If you do it manually, will you take i/y as 8.75/2 and 7.25/2 and calculate the bond value? Can somebody do this way? S

I got B, 6.8012

saurya --> you would do the following N=20 i/y=4.375 PMT=4 FV=100 CPT PV ==> 95.07 i/y = 3.625 CPT PV–> 105.27 You know P0=100

Yup realized my mistake, I put n = 16, don’t know why? Cpk123, If I am following your bond worksheet, why I am getting error 6, when i ask it to compute Pri? man need to learn this? Is there a quick tutorial on Bond worksheet. S

Can you show me how you got i/y=4.375 cpk123?

Up shock of 8.75 and divide this by 2.

If you have a BAII Plus professional, it calculates your duration for the initial bond. This is the duration of the bond, no matter the change in price (on a range of 10bp to, say 120bp). It is the price that varies, not the duration. It is quite enough to calculate it fr the bond at 8, no need to plug values into the duration formula.

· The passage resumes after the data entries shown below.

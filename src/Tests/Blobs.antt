-- ===== src/Tests/Blobs.antt =====
-- Links, hosts and responses for a blob of ten bytes.
use iroh_content_discovery.Prelude.{
  ℕ, ◌≡◌, ◌↔◌, refl, true, false, none, some, List, [], ◌∷◌, ◌++◌, arith, length, replicate, take,
  drop,
}
use iroh_content_discovery.Prelude.Bytes
use iroh_content_discovery.Prelude.Bytes.{codes}
use iroh_content_discovery.Gateway.Ranges.{Range}
use iroh_content_discovery.Gateway.Stream.{Item, leaf, parent, stream_content}
use iroh_content_discovery.Gateway.Stream.Exact.{FromBlob, Sends, stream_content-slice}
use iroh_content_discovery.Gateway.Urls.{
  Root, immutable, HttpRequest, link, parse_z32_bytes, request_host, find_route, route_for,
  rewritten, route_to, rewrite_subdomain,
}
use iroh_content_discovery.Gateway.Urls.Origin.{parse_z32_bytes-canonical}
use iroh_content_discovery.Gateway.Urls.Isolation.{before_fragment}
use iroh_content_discovery.Gateway.Blobs.{Source, Fetched, answered, Headers, multipart_content}
use iroh_content_discovery.Gateway.Blobs.Length.{multipart_content_whole}
use iroh_content_discovery.Gateway.Blobs.Conforms.{Conforms}
use iroh_content_discovery.Tests.Crates.{percent_encode, crates, crates-RoundTrips}

abbrev pub ten : List ℕ
ten = 0 ∷ 1 ∷ 2 ∷ 3 ∷ 4 ∷ 5 ∷ 6 ∷ 7 ∷ 8 ∷ 9 ∷ []

abbrev pub ten_items : List Item
ten_items = parent ∷ leaf 0 (0 ∷ 1 ∷ 2 ∷ 3 ∷ []) ∷ leaf 4 (4 ∷ 5 ∷ 6 ∷ 7 ∷ 8 ∷ 9 ∷ []) ∷ []

abbrev two_to_six : Range
two_to_six = record { start = 2; end = 6 }

ten_items-FromBlob : FromBlob ten ten_items
unfolding take drop
ten_items-FromBlob = (refl, (refl, tt))

stream_content-slice_example : Sends ten two_to_six (stream_content two_to_six ten_items true)
stream_content-slice_example =
    stream_content-slice ten two_to_six ten_items true ten_items-FromBlob (omega arith)

-- A name with an empty first segment, below a subdomain.
abbrev evil : List ℕ
evil = codes "/example.com/x"

abbrev here : Root
here = record { encoded = []; base = []; caching = immutable }

abbrev hash_bytes : List ℕ
hash_bytes = replicate 32 33

abbrev hash_text : List ℕ
hash_text = replicate 32 97 ++ replicate 20 121

parse_z32_bytes-canonical_example :
    (parse_z32_bytes crates hash_text ≡ some hash_bytes)
    ↔ ((length hash_bytes ≡ 32) × (hash_text ≡ crates.z32_encode hash_bytes))
parse_z32_bytes-canonical_example =
    parse_z32_bytes-canonical crates hash_text hash_bytes crates-RoundTrips

abbrev by_host : HttpRequest
by_host = record {
  uri = record { host = none; path_and_query = some (codes "/a?b") };
  host = some (hash_text ++ codes ".BLAKE3.localhost:8080");
  original = none;
  subdomain = false;
}

abbrev ten_source : Source
ten_source = record { size = 10; mime = codes "text/plain" }

abbrev ten_fetch : Range → Fetched
ten_fetch range = answered ten_items true 10

abbrev eight_to_ten : Range
eight_to_ten = record { start = 8; end = 10 }

multipart_content_whole_example :
    (multipart_content ten_fetch ten_source
      (two_to_six ∷ eight_to_ten ∷ [])
      (codes "iroh-0")).complete
    ≡ true
multipart_content_whole_example =
    multipart_content_whole ten ten_source ten_fetch (two_to_six ∷ eight_to_ten ∷ [])
      (codes "iroh-0") refl ((omega arith, omega arith), ((omega arith, omega arith), tt))
      (ten_items-FromBlob, (ten_items-FromBlob, tt))
      (
        (refl, refl, 0, 10, (refl, (refl, refl)), omega arith, omega arith),
        ((refl, refl, 0, 10, (refl, (refl, refl)), omega arith, omega arith), tt),
      )

abbrev two_ranges : Headers
two_ranges = record { if_none_match = []; if_range = none; range = codes "bytes=2-5,8-" ∷ [] }

program : Unit {0}
unfolding Bytes.split Bytes.join Bytes.starts_with Bytes.strip_prefix Bytes.strip_suffix
    Bytes.contains_byte Bytes.bytes_eq Bytes.rsplit_once Bytes.to_ascii_lowercase percent_encode
    link request_host find_route route_for rewritten route_to rewrite_subdomain parse_z32_bytes
    replicate take before_fragment
program = tt

-- A name with an empty first segment.
evil-link : link crates here evil ≡ codes "/.//example.com/x"
unfolding program
evil-link = refl

-- The label's own path, below its route.
by_host-path :
    (rewrite_subdomain crates by_host).uri.path_and_query
    ≡ some (codes "/blake3/" ++ hash_text ++ codes "/a?b")
unfolding program
by_host-path = refl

map, can you tell how do you that? S

CPK explained it, i suppose for a BAII Plus. With a BA II Plus professional you don’t need to shock the rates, the calculator does it for you calculating duration:) That’s why I love my BAII Plus professional:) SDT=1.0100 --> Translates to 1-01-2000 CPN=8 RDT=1.0110 --> becomes 1-01-2010 RV=100 ACT 2/Y YLD=8 initially PRI CPT ==> gives you 100 At about 2 arrows down, you get the duration. 6.7952

WOW !! I needed this post

Fantastic mate, time saver. So the interest change is 20 bp to 120bp?

Duration can be thought of, besides as the % change in price at 100bp change in interest rate, as the period of time necessary to recover the cost of a bond (PV of all coupons and of principal received in the future). It is going to be the same, no matter the shock in the interest rate (up or down at 50 or at 100 or at 120). The problem is that for very low shocks, like say 2 bp, duration gives no meaningful information, the shock is too small for a true reaction. A reasonable shock would be somewhere between 10bp and 120bp. And once you discovered what’s the % change in price for a certain shock, other than 100bp, the calculus of the % change in price is symmetrical.

i thought convexity said that a price move up will be more than down. e.g. in this example, for 100bp change in yield down - 66 (1000-934.96) up - 71 (1071-100)

This is a par, option free bond.

ryan – we are talking duration here, not Convexity.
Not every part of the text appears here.